# Pollen extractor



## rtoney (Apr 20, 2011)

Any thoughts on which pollen extractors are good and which are not so good?
Thanks
Rick


----------



## [email protected] (Aug 1, 2004)

What is a pollen extractor? I am not familar with the term.


----------



## MAXANT (Sep 13, 2008)

I am unaware of a pollen extractor.


----------



## rtoney (Apr 20, 2011)

Pollen extractor/ pollen collector


----------



## tben (Dec 28, 2008)

rtoney, I'm guessing you mean a pollen trap?


----------



## rtoney (Apr 20, 2011)

Not a pollen trap. I have seen some plastic collectors but did not know if they were worth the money or not. Most of what I have seen comes out of China on ebay.


----------



## Barry (Dec 28, 1999)

I thought the bees were pollen collectors/extractors?


----------



## rtoney (Apr 20, 2011)

OK, here's a link so everyone can see what I was seeing and asking about. Maybe I should have said (I am looking for information on a pollen puller offer of the bees legs thingy). There may not be a good one of those things out there.
Thanks

http://cgi.ebay.com/Pollen-collecto...398?pt=LH_DefaultDomain_0&hash=item1c1bb5242e


----------



## xC0000005 (Nov 17, 2004)

I have exactly this trap, and a couple of sundance traps. The plastic one you are looking at was consistently within a few ounces of pollen weight wise versus the sundance trap. It also collected other things like eyes, bits of wings, and a few spare legs. The pollen I pull from the Sundance trap is consistently cleaner.


----------



## sqkcrk (Dec 10, 2005)

One collects pollen in a pollen trap. One EXTRACTS honey from the honeycomb.

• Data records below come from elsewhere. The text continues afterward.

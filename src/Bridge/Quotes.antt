-- ===== src/Bridge/Quotes.antt =====
-- What the bridge's queries promise about its calls.
use sysbreak_trust.Base.{ℕ, ◌≤◌, ◌≡◌, arith, ok, some, text_key, Text, List, inl, inr, Result-cases}
use sysbreak_trust.Bridge.State.{Config, Storage}
use sysbreak_trust.Bridge.Helpers.{credits_to_tokens, calculate_fee}
use sysbreak_trust.Bridge.Withdraw.{check_amounts}
use sysbreak_trust.Bridge.Query.{
  ConversionResponse, query_convert_credits_to_tokens, query_nonce_used,
}
use sysbreak_trust.Bridge.Conversion.{mul_div-le}
use sysbreak_trust.Bridge.Trace.{Withdrawal, Reach}
use sysbreak_trust.Bridge.Replay.{was_used, Reach-IsMarked}

calculate_fee-le :
    (amount fee_bps fee : ℕ)
    → fee_bps ≤ 10_000
    → calculate_fee amount fee_bps ≡ ok fee
    → fee ≤ amount
unfolding calculate_fee
calculate_fee-le amount fee_bps fee le h = mul_div-le amount fee_bps 10_000 fee le h

-- With a fee of at most the whole, a withdrawal of the tokens that the conversion query quotes for
-- some credits passes the check of the amounts, with the fee that was quoted.
pub quote_accepted :
    (s : Storage) (config : Config) (credits : ℕ) {quote : ConversionResponse}
    → s.config ≡ some config
    → config.fee_bps ≤ 10_000
    → query_convert_credits_to_tokens credits s ≡ ok quote
    → check_amounts config credits quote.token_amount ≡ ok quote.fee_amount
unfolding query_convert_credits_to_tokens check_amounts
quote_accepted s config credits e le h = elim (Result-cases (credits_to_tokens credits config)) [
  | inl (gross, g) ↦ elim (Result-cases (calculate_fee gross config.fee_bps)) [
    | inl (fee, f) ↦ ground (arith, calculate_fee-le gross config.fee_bps fee le f)
    | inr no_fee ↦ ground arith
  ]
  | inr no_gross ↦ ground arith
]

-- In every history the nonce query answers whether a withdrawal had that nonce.
pub query_nonce_used-eq :
    (n : Text) {s : Storage} {h : List Withdrawal} {now : ℕ}
    → Reach s h now
    → query_nonce_used n s ≡ was_used n h
unfolding query_nonce_used
query_nonce_used-eq n reached = (Reach-IsMarked reached).marks n
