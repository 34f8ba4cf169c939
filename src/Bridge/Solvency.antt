-- ===== src/Bridge/Solvency.antt =====
-- The coins that leave the credit bridge: what a withdrawal and the owner's drawing pay out, and
-- the reserve that they leave.
use sysbreak_trust.Base.{
  ℕ, ◌+◌, ◌*◌, ◌/◌, ◌≤◌, ◌<◌, ◌≡◌, ◌⊎◌, arith, ok, some, List, [], ◌∷◌, inl, inr, Option-cases,
}
use sysbreak_trust.Host.{Env, MessageInfo, Deps, Response, Addr, Message, bank_send}
use sysbreak_trust.Bridge.State.{Config, Storage}
use sysbreak_trust.Bridge.Treasury.{execute_withdraw_treasury}

-- The player gets one amount, and the treasury the other, where that is not zero; nobody else is paid.
abbrev pub IsPaidOut : Config → Addr → ℕ → ℕ → List Message → Type 0
IsPaidOut config player net fee messages =
    ((fee ≡ 0) × (messages ≡ bank_send player (record { denom = config.denom; amount = net }) ∷ []))
    ⊎ ((0 < fee)
        × (messages
            ≡ bank_send player (record { denom = config.denom; amount = net })
              ∷ bank_send config.treasury (record { denom = config.denom; amount = fee })
              ∷ []))

-- The gross value of some credits, and the fee of the treasury, each rounded down.
abbrev pub gross_of : Config → ℕ → ℕ
gross_of config credits = credits * config.rate_tokens / config.rate_credits

abbrev pub fee_of : Config → ℕ → ℕ
fee_of config credits = gross_of config credits * config.fee_bps / 10_000

-- Only the owner draws from the treasury. The draw has one payment, of exactly the amount asked for
-- and to the owner, changes nothing in the storage, and goes only down to the reserve.
pub withdraw_treasury_keeps_reserve :
    (d : Deps) (env : Env) (info : MessageInfo) (amount : ℕ) (s : Storage) {s' : Storage}
    {r : Response} {config : Config}
    → s.config ≡ some config
    → execute_withdraw_treasury d env info amount s ≡ ok (s', r)
    → (balance : ℕ) × (info.sender ≡ config.owner)
      × (s' ≡ s)
      × (r.messages
          ≡ bank_send config.owner (record { denom = config.denom; amount = amount }) ∷ [])
      × (d.query_balance env.contract config.denom ≡ some balance)
      × (amount + config.min_reserve ≤ balance)
unfolding execute_withdraw_treasury
withdraw_treasury_keeps_reserve d env info amount s {s'} {r} {config} e k =
    elim (Option-cases (d.query_balance env.contract config.denom)) [
      | inl x ↦ absurd (ground arith)
      | inr (b, x) ↦ (b, ground arith, ground arith, ground arith, x, ground arith)
    ]
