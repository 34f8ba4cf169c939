-- ===== src/Bridge/Validity.antt =====
-- The settings of the credit bridge stay valid: no handler stores a zero rate, a fee above the
-- whole, or a key of a wrong length.
use sysbreak_trust.Base.{
  ℕ, ◌≤◌, ◌<◌, ◌≡◌, ◌⊎◌, arith, length, Text, Every, Has, OnOk, OnOk-intro, OnOk-apply, List,
}
use sysbreak_trust.Host.{Env, MessageInfo, Deps}
use sysbreak_trust.Bridge.State.{Config, Storage, InstantiateMsg, ExecuteMsg}
use sysbreak_trust.Bridge.Treasury.{
  execute_deposit, execute_fund_treasury, execute_withdraw_treasury,
}
use sysbreak_trust.Bridge.Withdraw.{execute_withdraw}
use sysbreak_trust.Bridge.Admin.{
  execute_propose_oracle, execute_accept_oracle, execute_cancel_oracle_transfer,
  execute_update_rate, execute_update_fee, execute_update_limits, execute_pause, execute_unpause,
  execute_propose_owner, execute_accept_owner, execute_cancel_owner_transfer,
}
use sysbreak_trust.Bridge.Contract.{instantiate, execute, migrate, fresh}
use sysbreak_trust.Bridge.Frame.{SameSettings, execute_withdraw-Withdrawn}
use sysbreak_trust.Bridge.Trace.{Withdrawal, Reach, start, call, upgrade}

abbrev pub IsKey : Text → Type 0
IsKey k = (length k ≡ 33) ⊎ (length k ≡ 65)

pub record IsValidConfig (c : Config) : Type 0 where
  pub credits_pos : 0 < c.rate_credits
  pub tokens_pos : 0 < c.rate_tokens
  pub fee_le : c.fee_bps ≤ 10_000
  pub key : IsKey c.oracle_pubkey

-- The settings that are stored, and the key that may be accepted next.
pub record IsValid (s : Storage) : Type 0 where
  pub config_valid : Has IsValidConfig s.config
  pub pending_valid : Every (λ p. IsKey p.proposed_pubkey) s.pending_oracle

SameSettings-IsValid : {s s' : Storage} → SameSettings s s' → IsValid s → IsValid s'
SameSettings-IsValid same v = record {
  config_valid = rw (same.config) (v.config_valid);
  pending_valid = rw (same.pending_oracle) (v.pending_valid);
}

execute-IsValid :
    (d : Deps) (env : Env) (info : MessageInfo) (msg : ExecuteMsg) (s : Storage)
    → IsValid s
    → OnOk (λ p. IsValid p.0) (execute d env info msg s)
unfolding execute execute_deposit execute_fund_treasury execute_withdraw_treasury
    execute_propose_oracle execute_accept_oracle execute_cancel_oracle_transfer execute_update_rate
    execute_update_fee execute_update_limits execute_pause execute_unpause execute_propose_owner
    execute_accept_owner execute_cancel_owner_transfer
execute-IsValid d env info (ExecuteMsg.withdraw n c t g) s v =
    OnOk-intro _ (execute_withdraw d env info n c t g s) λ p e.
      let w = execute_withdraw-Withdrawn d env info n c t g s p.0 p.1 e in
      SameSettings-IsValid w.recorded.settings v
execute-IsValid d env info _ s v = ground arith

instantiate-IsValid :
    (d : Deps) (msg : InstantiateMsg) → OnOk (λ p. IsValid p.0) (instantiate d msg fresh)
unfolding instantiate
instantiate-IsValid d msg = ground arith

migrate-IsValid : (s : Storage) → IsValid s → OnOk (λ p. IsValid p.0) (migrate s)
unfolding migrate
migrate-IsValid s v = ground arith

-- In every history the bridge has settings, with rates above zero, a fee of at most the whole and a
-- key of 33 or 65 bytes; a pending oracle has a key of such a length too.
pub Reach-IsValid : {s : Storage} {h : List Withdrawal} {now : ℕ} → Reach s h now → IsValid s
Reach-IsValid (start d msg now e) = OnOk-apply _ (instantiate-IsValid d msg) e
Reach-IsValid (call d env info msg reached later e logs) =
    OnOk-apply _ (execute-IsValid d env info msg _ (Reach-IsValid reached)) e
Reach-IsValid (upgrade reached e) = OnOk-apply _ (migrate-IsValid _ (Reach-IsValid reached)) e
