-- ===== src/Bridge/Tests.antt =====
-- Runs of the credit bridge at concrete inputs, and the theorems at these inputs.
use sysbreak_trust.Base.{
  ℕ, ◌+◌, ◌≤◌, ◌≡◌, refl, arith, ok, some, false, List, [], ◌∷◌, ◌++◌, Text, bytes, String,
  same_text, length, ◌*◌, nanos_per_second, Has, if◌then◌else◌, to_string, parse_u64, find, save,
  remove, eqb, err,
}
use sysbreak_trust.Host.{Env, MessageInfo, Deps, Response, bank_send}
use sysbreak_trust.Bridge.State.{
  Config, Storage, InstantiateMsg, ExecuteMsg, Outcome, amount_mismatch, nonce_already_used,
  cooldown_active, player_daily_limit_exceeded,
}
use sysbreak_trust.Bridge.Helpers.{
  tokens_to_credits, reject_funds, assert_not_paused, validate_nonce_timestamp, check_player_limits,
  window_loop, check_global_limit,
}
use sysbreak_trust.Bridge.Treasury.{execute_deposit, execute_withdraw_treasury}
use sysbreak_trust.Bridge.Admin.{execute_pause}
use sysbreak_trust.Bridge.Withdraw.{
  execute_withdraw, authorize, check_amounts, check_signature, check_treasury, record_withdrawal,
  record_player, record_global, withdrawal_messages, prune,
}
use sysbreak_trust.Bridge.Contract.{fresh, instantiate, execute}
use sysbreak_trust.Bridge.Query.{ConversionResponse, query_convert_credits_to_tokens}
use sysbreak_trust.Bridge.Trace.{Withdrawal, logged, Reach, start, call}
use sysbreak_trust.Bridge.Frame.{cutoff_of}
use sysbreak_trust.Bridge.GlobalLimit.{in_window, global_limit_kept}
use sysbreak_trust.Bridge.PlayerLimit.{player_window, player_limit_kept, cooldown_kept}
use sysbreak_trust.Bridge.Replay.{IsMarked, Reach-IsMarked}
use sysbreak_trust.Bridge.Validity.{IsValid, Reach-IsValid}
use sysbreak_trust.Bridge.Solvency.{withdraw_treasury_keeps_reserve}
use sysbreak_trust.Bridge.Authority.{IsAllowed, execute_authority}
use sysbreak_trust.Bridge.Conversion.{deposit-withdraw-le, check_amounts_exact}
use sysbreak_trust.Bridge.Quotes.{quote_accepted}

-- A host whose addresses are the lengths of their texts, whose hash is the text itself, and whose
-- signature of a hash is that hash.
abbrev host : Deps
host = record {
  addr_validate = λ t. some (length t);
  as_str = to_string;
  secp256k1_verify = λ hash signature key. some (same_text hash signature);
  sha256 = λ t. t;
  query_balance = λ a denom. some 1_000_000;
}

abbrev key33 : Text
key33 = bytes "abcdefghijklmnopqrstuvwxyz0123456"

-- 100 credits are 1000 ushido; the fee is 0.5%.
abbrev setup : InstantiateMsg
setup = record {
  owner = bytes "o";
  oracle = bytes "or";
  oracle_pubkey = key33;
  denom = bytes "ushido";
  rate_credits = 100;
  rate_tokens = 1000;
  fee_bps = 50;
  treasury = bytes "tre";
  min_deposit = 10;
  player_daily_limit = 5000;
  global_daily_limit = 20_000;
  cooldown_seconds = 60;
  min_reserve = 1000;
  chain_id = bytes "shido-1";
}

abbrev state_of : Outcome → Storage
state_of (ok p) = p.0
state_of _ = fresh

abbrev response_of : Outcome → Response
response_of (ok p) = p.1
response_of _ = record { messages = []; attributes = [] }

-- `execute`, with all that it runs in these tests opened by one name.
run : Deps → Env → MessageInfo → ExecuteMsg → Storage → Outcome
unfolding execute instantiate execute_deposit execute_withdraw reject_funds assert_not_paused
    authorize validate_nonce_timestamp parse_u64 find save remove check_amounts check_signature
    to_string check_player_limits window_loop check_global_limit check_treasury record_withdrawal
    record_player record_global withdrawal_messages prune execute_pause execute_withdraw_treasury
run = execute

abbrev s1 : Storage
s1 = state_of (instantiate host setup fresh)

-- 200 000 seconds, and 100 seconds more.
abbrev at_first : Env
at_first = record { time = 200_000_000_000_000; contract = 9 }

abbrev at_second : Env
at_second = record { time = 200_100_000_000_000; contract = 9 }

abbrev player : MessageInfo
player = record { sender = 7; funds = [] }

abbrev signed : String → Text
signed nonce = bytes "withdraw:shido-1:9:" ++ (bytes nonce ++ bytes ":7:2000:19900")

abbrev withdrawal : String → ExecuteMsg
withdrawal nonce = ExecuteMsg.withdraw (bytes nonce) 2000 19_900 (signed nonce)

abbrev s2 : Storage
s2 = state_of (execute host at_first player (withdrawal "200000:a") s1)

abbrev s3 : Storage
s3 = state_of (execute host at_second player (withdrawal "200000:b") s2)

first_messages :
    (response_of (execute host at_first player (withdrawal "200000:a") s1)).messages
    ≡ bank_send 7 (record { denom = bytes "ushido"; amount = 19_900 })
      ∷ bank_send 3 (record { denom = bytes "ushido"; amount = 100 })
      ∷ []
unfolding run
first_messages = refl

replayed :
    execute host at_second player (withdrawal "200000:a") s2
    ≡ err (nonce_already_used (bytes "200000:a"))
unfolding run
replayed = refl

too_soon : execute host at_first player (withdrawal "200000:b") s2 ≡ err (cooldown_active 200_060)
unfolding run
too_soon = refl

-- The third withdrawal of 2000 credits would pass the player's limit of 5000.
over_limit :
    execute host
      (record { time = 200_200_000_000_000; contract = 9 })
      player
      (withdrawal "200000:c")
      s3
    ≡ err (player_daily_limit_exceeded 4000 2000 5000)
unfolding run
over_limit = refl

abbrev answer : Env → ExecuteMsg → Storage → Response
answer env msg s = response_of (execute host env player msg s)

instantiated : instantiate host setup fresh ≡ ok (s1, response_of (instantiate host setup fresh))
unfolding instantiate
instantiated = refl

first_ran :
    execute_withdraw host at_first player (bytes "200000:a") 2000 19_900 (signed "200000:a") s1
    ≡ ok (s2, answer at_first (withdrawal "200000:a") s1)
unfolding run
first_ran = refl

second_ran :
    execute_withdraw host at_second player (bytes "200000:b") 2000 19_900 (signed "200000:b") s2
    ≡ ok (s3, answer at_second (withdrawal "200000:b") s2)
unfolding run
second_ran = refl

abbrev history : List Withdrawal
history = logged at_first player (withdrawal "200000:a") []

start_reached : Reach s1 [] 0
start_reached = start host setup 0 instantiated

first_reached : Reach s2 history 200_000_000_000_000
unfolding execute
first_reached =
    call host at_first player (withdrawal "200000:a") start_reached (omega arith) first_ran refl

-- The settings after the instantiation; no call of these tests changes them.
abbrev config1 : Config
config1 = record {
  owner = 1;
  oracle = 2;
  paused = false;
  denom = bytes "ushido";
  rate_credits = 100;
  rate_tokens = 1000;
  fee_bps = 50;
  treasury = 3;
  min_deposit = 10;
  player_daily_limit = 5000;
  global_daily_limit = 20_000;
  cooldown_seconds = 60;
  min_reserve = 1000;
  oracle_pubkey = key33;
  chain_id = bytes "shido-1";
}

config_at_s2 : s2.config ≡ some config1
unfolding run
config_at_s2 = refl

config_at_s1 : s1.config ≡ some config1
unfolding run
config_at_s1 = refl

-- 2000 and 2000 credits within a day, of 20 000 in all and of 5000 for the player.
global_limit_kept_example :
    in_window
      (cutoff_of 200_100_000_000_000)
      (logged at_second player (withdrawal "200000:b") history)
    ≤ 20_000
global_limit_kept_example =
    global_limit_kept host at_second player (bytes "200000:b") 2000 19_900 (signed "200000:b")
      first_reached (omega arith) config_at_s2 second_ran

player_limit_kept_example :
    player_window 7
      (cutoff_of 200_100_000_000_000)
      (logged at_second player (withdrawal "200000:b") history)
    ≤ 5000
player_limit_kept_example =
    player_limit_kept host at_second player (bytes "200000:b") 2000 19_900 (signed "200000:b")
      first_reached (omega arith) config_at_s2 second_ran

cooldown_kept_example : 200_000_000_000_000 + 60 * nanos_per_second ≤ 200_100_000_000_000
cooldown_kept_example =
    cooldown_kept host at_second player (bytes "200000:b") 2000 19_900 (signed "200000:b")
      first_reached (omega arith) config_at_s2 second_ran 200_000_000_000_000 refl

Reach-IsMarked_example : IsMarked s2 history 200_000_000_000_000
Reach-IsMarked_example = Reach-IsMarked first_reached

Reach-IsValid_example : IsValid s2
Reach-IsValid_example = Reach-IsValid first_reached

abbrev owner_call : MessageInfo
owner_call = record { sender = 1; funds = [] }

abbrev drawn : Outcome
drawn = execute_withdraw_treasury host at_second owner_call 5000 s1

drawing_ran : drawn ≡ ok (state_of drawn, response_of drawn)
unfolding run
drawing_ran = refl

withdraw_treasury_keeps_reserve_example :
    (balance : ℕ) × (1 ≡ config1.owner)
    × (state_of drawn ≡ s1)
    × ((response_of drawn).messages
        ≡ bank_send 1 (record { denom = config1.denom; amount = 5000 }) ∷ [])
    × (host.query_balance 9 config1.denom ≡ some balance)
    × (5000 + 1000 ≤ balance)
withdraw_treasury_keeps_reserve_example =
    withdraw_treasury_keeps_reserve host at_second owner_call 5000 s1 config_at_s1 drawing_ran

abbrev paused_by_owner : Outcome
paused_by_owner = execute host at_second owner_call ExecuteMsg.pause s1

pause_ran : paused_by_owner ≡ ok (state_of paused_by_owner, response_of paused_by_owner)
unfolding run
pause_ran = refl

execute_authority_example :
    Has (IsAllowed 1 s1 (state_of paused_by_owner) config1) (state_of paused_by_owner).config
execute_authority_example =
    execute_authority host at_second owner_call ExecuteMsg.pause s1 config_at_s1 pause_ran

-- 19 ushido make 1 credit, which is worth 10 ushido.
one_credit : tokens_to_credits 19 config1 ≡ ok 1
unfolding tokens_to_credits
one_credit = refl

one_credit_back : check_amounts config1 1 10 ≡ ok 0
unfolding run
one_credit_back = refl

deposit-withdraw-le_example : 10 + 0 ≤ 19
deposit-withdraw-le_example = deposit-withdraw-le config1 19 1 10 0 one_credit one_credit_back

check_amounts_exact_example :
    (100 ≤ 20_000)
    × (check_amounts config1 2000 19_000
        ≡ (if eqb 19_000 19_900 then ok 100 else err (amount_mismatch 2000 19_900 19_000)))
check_amounts_exact_example =
    check_amounts_exact config1 2000 19_000 (omega arith) (omega arith) (omega arith) (omega arith)

abbrev quote : ConversionResponse
quote = record { credit_amount = 2000; token_amount = 19_900; fee_amount = 100 }

quoted : query_convert_credits_to_tokens 2000 s1 ≡ ok quote
unfolding run query_convert_credits_to_tokens
quoted = refl

quote_accepted_example : check_amounts config1 2000 19_900 ≡ ok 100
quote_accepted_example = quote_accepted s1 config1 2000 config_at_s1 (omega arith) quoted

Two different methods of harvesting hive products. It's important for us all to speak a common tounge.


----------



## rtoney (Apr 20, 2011)

Thanks I will try and find info. on the Sundance.


----------



## Michael Bush (Aug 2, 2002)

I have had several types over the years. My favorite is the Sundance II which is a top entrance trap. Even if I didn't already have top etnraces, it keeps the pollen the cleanest and, although expensive compared to some of the plastic ones, is the best designed one on the market, in my opinion and worth the cost difference.


----------



## rtoney (Apr 20, 2011)

I have just been looking at the Sundance and am not sure how they would work with a top bar. My entrance is at the top of one end with just a little space between the bar and the end of the hive.


----------